* Data to process

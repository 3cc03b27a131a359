-- ===== src/Config/Duration/RoundTrip.antt =====
-- Reading back a TTL that was written.
use Prim.Native.Char.{Char}
use Prim.Native.String
use text.Mathlib.TextLemmas.{cons-append, nil-append, cons-eq-cons}
use poolbeg.Prelude.{
  ℕ, ◌/◌, ◌<◌, ◌≡◌, ◌≢◌, refl, sym, ap, subst, ◌∙◌, true, false, none, some, String, str_eq, eq_iff,
  str_ne_head, str_ne_nil, u64_mod, to_decimal, from_str_radix, Bool-cases, inl, inr, arith,
}
use poolbeg.Prelude.Strings.RoundTrip.{from_str_radix-format_radix}
use poolbeg.Prelude.Strings.Digits.{is_digit, AllDigits, to_decimal-AllDigits, to_decimal_cons}
use poolbeg.Config.{TtlValue, never, forever, duration}
use poolbeg.Config.Duration.{
  from_secs, is_whitespace, trim_start, trim_end, trim, strip_suffix, parse_duration_string,
  deserialize_ttl, serialize_ttl,
}

abbrev NoSpace : String → Type 0
NoSpace String.[] = Unit {0}
NoSpace (String.◌∷◌ c s) = (is_whitespace c ≡ false) × NoSpace s

trim_end-NoSpace : (s : String) → NoSpace s → trim_end s ≡ s
unfolding trim_end
trim_end-NoSpace String.[] h = refl
trim_end-NoSpace (String.◌∷◌ c s) (no_space, h) =
    rw no_space (ap (String.◌∷◌ c) (trim_end-NoSpace s h))

trim-NoSpace : (s : String) → NoSpace s → trim s ≡ s
unfolding trim trim_start
trim-NoSpace String.[] h = refl
trim-NoSpace (String.◌∷◌ c s) (no_space, h) =
    rw no_space (trim_end-NoSpace (String.◌∷◌ c s) (no_space, h))

digit_no_space : (c : Char) → is_digit c ≡ true → is_whitespace c ≡ false
digit_no_space c d = ground arith

-- Digits with the unit of seconds behind them.
abbrev seconds : String → String
seconds s = String.◌++◌ s "s"

seconds_nil : seconds "" ≡ "s"
seconds_nil = nil-append "s"

seconds_cons : (c : Char) (s : String) → seconds (String.◌∷◌ c s) ≡ String.◌∷◌ c (seconds s)
seconds_cons c s = cons-append c s "s"

digits-NoSpace : (s : String) → AllDigits s → NoSpace s
digits-NoSpace String.[] h = tt
digits-NoSpace (String.◌∷◌ c s) (d, h) = (digit_no_space c d, digits-NoSpace s h)

seconds-NoSpace : (s : String) → AllDigits s → NoSpace (seconds s)
seconds-NoSpace String.[] h = subst NoSpace (sym seconds_nil) (refl, tt)
seconds-NoSpace (String.◌∷◌ c s) (d, h) =
    subst NoSpace (sym (seconds_cons c s)) (digit_no_space c d, seconds-NoSpace s h)

-- A digit is not the first character of a text that begins with another one.
digit_head :
    (c d : Char) (s t : String)
    → is_digit c ≡ true
    → is_digit d ≡ false
    → str_eq (String.◌∷◌ c s) (String.◌∷◌ d t) ≡ false
digit_head c d s t h k = str_ne_head c d s t (ground arith)

strip_milliseconds : (s : String) → AllDigits s → strip_suffix "ms" (seconds s) ≡ none
unfolding strip_suffix
strip_milliseconds String.[] h = ap (strip_suffix "ms") seconds_nil
strip_milliseconds (String.◌∷◌ c s) (d, h) =
    ap (strip_suffix "ms") (seconds_cons c s)
    ∙ (rw (digit_head c "m" (seconds s) "s" d refl) (rw (strip_milliseconds s h)))

strip_seconds : (s : String) → AllDigits s → strip_suffix "s" (seconds s) ≡ some s
unfolding strip_suffix
strip_seconds String.[] h = ap (strip_suffix "s") seconds_nil
strip_seconds (String.◌∷◌ c s) (d, h) =
    ap (strip_suffix "s") (seconds_cons c s)
    ∙ (rw (digit_head c "s" (seconds s) "" d refl) (rw (strip_seconds s h)))

-- The steps of `parse_duration_string` on digits with the unit of seconds.
parse_digits :
    (s : String) (n : ℕ)
    → AllDigits s
    → from_str_radix 10 s ≡ some n
    → parse_duration_string (seconds s) ≡ some (from_secs n)
unfolding parse_duration_string
parse_digits s n h e =
    let trimmed = trim-NoSpace (seconds s) (seconds-NoSpace s h) in
    rw (ap (strip_suffix "ms") trimmed ∙ strip_milliseconds s h, parse_duration_string)
      (rw (ap (strip_suffix "s") trimmed ∙ strip_seconds s h)
        (rw (trim-NoSpace s (digits-NoSpace s h)) (rw e)))

seconds_ne_nil : (s : String) → seconds s ≢ ""
seconds_ne_nil String.[] e =
    let wrong : true ≡ false = ap (λ t. str_eq t "s") (sym seconds_nil ∙ e) in absurd (cc)
seconds_ne_nil (String.◌∷◌ c s) e =
    let wrong : false ≡ true =
      sym (str_ne_nil c (seconds s)) ∙ ap (λ t. str_eq t "") (sym (seconds_cons c s) ∙ e) in
    absurd (cc)

-- The two texts that stand for no duration begin otherwise, or are shorter.
not_forever : (c : Char) (s : String) → str_eq (String.◌∷◌ c (seconds s)) "0" ≡ false
not_forever c s = elim (Bool-cases (str_eq (String.◌∷◌ c (seconds s)) "0")) [
  | inr e ↦ e
  | inl e ↦
      let same : seconds s ≡ "" =
        (cons-eq-cons.0 ((eq_iff (String.◌∷◌ c (seconds s)) "0").0 e)).1 in
      absurd (seconds_ne_nil s same)
]

deserialize_digits :
    (c : Char) (s : String) (n : ℕ)
    → AllDigits (String.◌∷◌ c s)
    → from_str_radix 10 (String.◌∷◌ c s) ≡ some n
    → deserialize_ttl (seconds (String.◌∷◌ c s)) ≡ some (duration (from_secs n))
unfolding deserialize_ttl
deserialize_digits c s n (d, h) e =
    rw (ap (λ t. str_eq t "-1") (seconds_cons c s) ∙ digit_head c "-" (seconds s) "1" d refl) (
      rw (ap (λ t. str_eq t "0") (seconds_cons c s) ∙ not_forever c s)
        (rw (parse_digits (String.◌∷◌ c s) n (d, h) e)))

read_decimal : (n : ℕ) → n < u64_mod → from_str_radix 10 (to_decimal n) ≡ some n
unfolding to_decimal
read_decimal n w = from_str_radix-format_radix 10 n (omega arith) (omega arith) w

abbrev pub Fits : TtlValue → Type 0
Fits (duration d) = d / 1000000000 < u64_mod
Fits _ = Unit {0}

-- The whole seconds of a duration.
abbrev pub whole_seconds : TtlValue → TtlValue
whole_seconds (duration d) = duration (from_secs (d / 1000000000))
whole_seconds v = v

-- A TTL below 2 ^ 64 seconds that is written reads back as its whole seconds; the two special values read
-- back as they were.
pub deserialize_ttl-serialize_ttl :
    (v : TtlValue) → Fits v → deserialize_ttl (serialize_ttl v) ≡ some (whole_seconds v)
unfolding deserialize_ttl serialize_ttl
deserialize_ttl-serialize_ttl never h = refl
deserialize_ttl-serialize_ttl forever h = refl
deserialize_ttl-serialize_ttl (duration d) h =
    let n = d / 1000000000 in
    let (c, s, shape) = to_decimal_cons n in
    ap (λ t. deserialize_ttl (seconds t)) shape
    ∙ deserialize_digits c s n (subst AllDigits shape (to_decimal-AllDigits n))
        (ap (from_str_radix 10) (sym shape) ∙ read_decimal n h)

* Your assignment
Where the word "never" appears in a line of the data above, tally that line; then give the total and nothing more.

* Output of the task
2